## ACTIVITY
Show each line of the records below where the word "keys" occurs.

## RECORDED DATA

-- ===== src/Platform/Billing.antt =====
-- Invoices (backend/app/services/billing.py, and `generate_due_invoices` of
-- backend/app/scheduler.py). A total or an amount is a whole number of cents; a quantity, a rate and
-- a unit price are whole millionths. A database's project is replaced by its organization.
pub mod Invoiced
pub mod Once
pub mod Quantities
pub mod Unpaid
pub mod Usage
mod Tests
use eminidatabase.Base.{
  ℕ, suc, ◌+◌, ◌*◌, ◌/◌, ◌^◌, Bool, true, false, Option, none, some, List, [], ◌∷◌, ◌++◌, ◌==◌,
  ◌&&◌, leb, ltb, if◌then◌else◌,
}
use eminidatabase.Base.Table.{Table, lookup, modify, add, rows}
use eminidatabase.Base.Action.{Action, ◌>>=◌, ◌>>◌, pure, found, reads, writes, atomic}
use eminidatabase.Platform.Payments.{InvoiceStatus, SubscriptionStatus}

pub data UsageMetric : Type 0 where
  cpu_hours storage_gb_hours connections egress_gb : UsageMetric

pub record UsageRecord : Type 0 where
  pub database_id : ℕ
  pub metric : UsageMetric
  pub value : ℕ
  pub period_start : ℕ

-- `plan.pricing`: the base fee in cents, and a rate for each metric that has one.
pub record Pricing : Type 0 where
  pub base_fee : ℕ
  pub rates : UsageMetric → Option ℕ

pub record Subscription : Type 0 where
  pub organization_id : ℕ
  pub plan_id : ℕ
  pub status : SubscriptionStatus
  pub current_period_start : ℕ
  pub current_period_end : ℕ

pub record Invoice : Type 0 where
  pub subscription_id : ℕ
  pub period_start : ℕ
  pub period_end : ℕ
  pub status : InvoiceStatus
  pub total_amount : ℕ
  pub finalized_at : ℕ

pub data Charge : Type 0 where
  base : Charge
  usage : UsageMetric → Charge

pub record InvoiceLineItem : Type 0 where
  pub metric : Charge
  pub quantity : ℕ
  pub unit_price : ℕ
  pub amount : ℕ

pub record Database : Type 0 where
  pub organization_id : ℕ

pub record Store : Type 0 where
  pub plans : Table Pricing
  pub subscriptions : Table Subscription
  pub databases : Table Database
  pub usage_records : List UsageRecord
  pub invoices : Table Invoice
  pub line_items : List (ℕ × InvoiceLineItem)
  pub next_id : ℕ

pub data Error : Type 0 where
  missing_plan : Error

abbrev pub Tx : Type 0 → Type 0
Tx A = Action Store Error A

-- `BILLING_PERIOD`: thirty days.
abbrev pub billing_period : ℕ
billing_period = 2592000

abbrev pub same_metric : UsageMetric → UsageMetric → Bool
same_metric cpu_hours cpu_hours = true
same_metric storage_gb_hours storage_gb_hours = true
same_metric connections connections = true
same_metric egress_gb egress_gb = true
same_metric _ _ = false

abbrev pub member : ℕ → List ℕ → Bool
member i [] = false
member i (j ∷ js) = if i == j then true else member i js

abbrev pub keys : Table Database → List ℕ
keys [] = []
keys ((i, _) ∷ t) = i ∷ keys t

abbrev pub database_ids : ℕ → Table Database → List ℕ
database_ids organization_id t = keys (rows (λ d. d.organization_id == organization_id) t)

-- The sum of the metric's records that start from `since` on and before `until`.
abbrev pub usage_between : List ℕ → UsageMetric → (since until : ℕ) → List UsageRecord → ℕ
usage_between ids metric since until [] = 0
usage_between ids metric since until (r ∷ rs) =
    let rest = usage_between ids metric since until rs in
    if member r.database_id ids
      && (same_metric r.metric metric && (leb since r.period_start && ltb r.period_start until))
    then r.value + rest
    else rest

-- `(quantity * rate).quantize(_CENTS, rounding=ROUND_HALF_UP)`
abbrev pub quantize : (quantity rate : ℕ) → ℕ
quantize quantity rate = (2 * (quantity * rate) + 10 ^ 10) / (2 * 10 ^ 10)

-- The running total and the line items.
pub record Draft : Type 0 where
  pub total : ℕ
  pub line_items : List InvoiceLineItem

abbrev pub charged : InvoiceLineItem → Draft → Draft
charged item d = record { total = d.total + item.amount; line_items = d.line_items ++ (item ∷ []) }

abbrev pub base_draft : Pricing → Draft
base_draft pricing =
    if ltb 0 pricing.base_fee
    then charged
        (record {
          metric = base;
          quantity = 10 ^ 6;
          unit_price = pricing.base_fee * 10 ^ 4;
          amount = pricing.base_fee;
        })
        (record { total = 0; line_items = [] })
    else record { total = 0; line_items = [] }

abbrev pub charge_metric :
    Pricing → List ℕ → Subscription → List UsageRecord → UsageMetric → Draft → Draft
charge_metric pricing ids x records metric d = elim (pricing.rates metric) [
  | none ↦ d
  | some rate ↦
      let quantity = usage_between ids metric x.current_period_start x.current_period_end records in
      if quantity == 0
      then d
      else charged
          (record {
            metric = usage metric;
            quantity = quantity;
            unit_price = rate;
            amount = quantize quantity rate;
          })
          d
]

abbrev pub charge_metrics :
    Pricing → List ℕ → Subscription → List UsageRecord → List UsageMetric → Draft → Draft
charge_metrics pricing ids x records [] d = d
charge_metrics pricing ids x records (m ∷ ms) d =
    charge_metrics pricing ids x records ms (charge_metric pricing ids x records m d)

-- `for metric in UsageMetric`
abbrev pub metrics : List UsageMetric
metrics = cpu_hours ∷ storage_gb_hours ∷ connections ∷ egress_gb ∷ []

-- Without a database there is no usage to charge.
abbrev pub drafted : Pricing → List ℕ → Subscription → List UsageRecord → Draft
drafted pricing [] x records = base_draft pricing
drafted pricing (i ∷ ids) x records =
    charge_metrics pricing (i ∷ ids) x records metrics (base_draft pricing)

abbrev pub next_period : Subscription → Subscription
next_period x = record x {
  current_period_start = x.current_period_end;
  current_period_end = x.current_period_end + billing_period;
}

abbrev pub items_of : ℕ → List InvoiceLineItem → List (ℕ × InvoiceLineItem)
items_of i [] = []
items_of i (item ∷ items) = (i, item) ∷ items_of i items

abbrev pub invoiced : ℕ → Subscription → Draft → (now : ℕ) → Store → Store
invoiced k x d now s = record s {
  invoices =
      add s.next_id
        (record {
          subscription_id = k;
          period_start = x.current_period_start;
          period_end = x.current_period_end;
          status = InvoiceStatus.finalized;
          total_amount = d.total;
          finalized_at = now;
        })
        s.invoices;
  line_items = s.line_items ++ items_of s.next_id d.line_items;
  subscriptions = modify k next_period s.subscriptions;
  next_id = suc s.next_id;
}

unfoldable pub compute_invoice_for_subscription : ℕ → Subscription → (now : ℕ) → Tx (Unit {0})
compute_invoice_for_subscription k x now = do
  pricing ← found missing_plan (← reads (λ s. lookup x.plan_id s.plans))
  ids ← reads (λ s. database_ids x.organization_id s.databases)
  d ← reads (λ s. drafted pricing ids x s.usage_records)
  writes (invoiced k x d now)

abbrev pub is_finalized : InvoiceStatus → Bool
is_finalized InvoiceStatus.finalized = true
is_finalized _ = false

abbrev pub is_unpaid : ℕ → Invoice → Bool
is_unpaid k v = v.subscription_id == k && is_finalized v.status

abbrev pub is_active : SubscriptionStatus → Bool
is_active SubscriptionStatus.active = true
is_active _ = false

-- One turn of the scheduler's loop: a subscription with an unpaid invoice is suspended.
abbrev pub suspend_or_bill : ℕ → Subscription → (now : ℕ) → Table Invoice → Tx ℕ
suspend_or_bill k x now (_ ∷ _) = do
  writes (λ s. record s {
    subscriptions =
        modify k (λ y. record y { status = SubscriptionStatus.past_due }) s.subscriptions;
  })
  pure 0
suspend_or_bill k x now [] = do compute_invoice_for_subscription k x now; pure 1

abbrev pub bill_all : Table Subscription → (now : ℕ) → Tx ℕ
bill_all [] now = pure 0
bill_all ((k, x) ∷ due) now = do
  unpaid ← reads (λ s. rows (is_unpaid k) s.invoices)
  n ← suspend_or_bill k x now unpaid
  m ← bill_all due now
  pure (n + m)

abbrev pub is_due : (now : ℕ) → Subscription → Bool
is_due now x = leb x.current_period_end now && is_active x.status

unfoldable pub generate_due_invoices : (now : ℕ) → Tx ℕ
generate_due_invoices now =
    atomic (do due ← reads (λ s. rows (is_due now) s.subscriptions); bill_all due now)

## EXERCISE OUTPUT
abbrev pub keys : Table Database → List ℕ
keys [] = []
keys ((i, _) ∷ t) = i ∷ keys t
database_ids organization_id t = keys (rows (λ d. d.organization_id == organization_id) t)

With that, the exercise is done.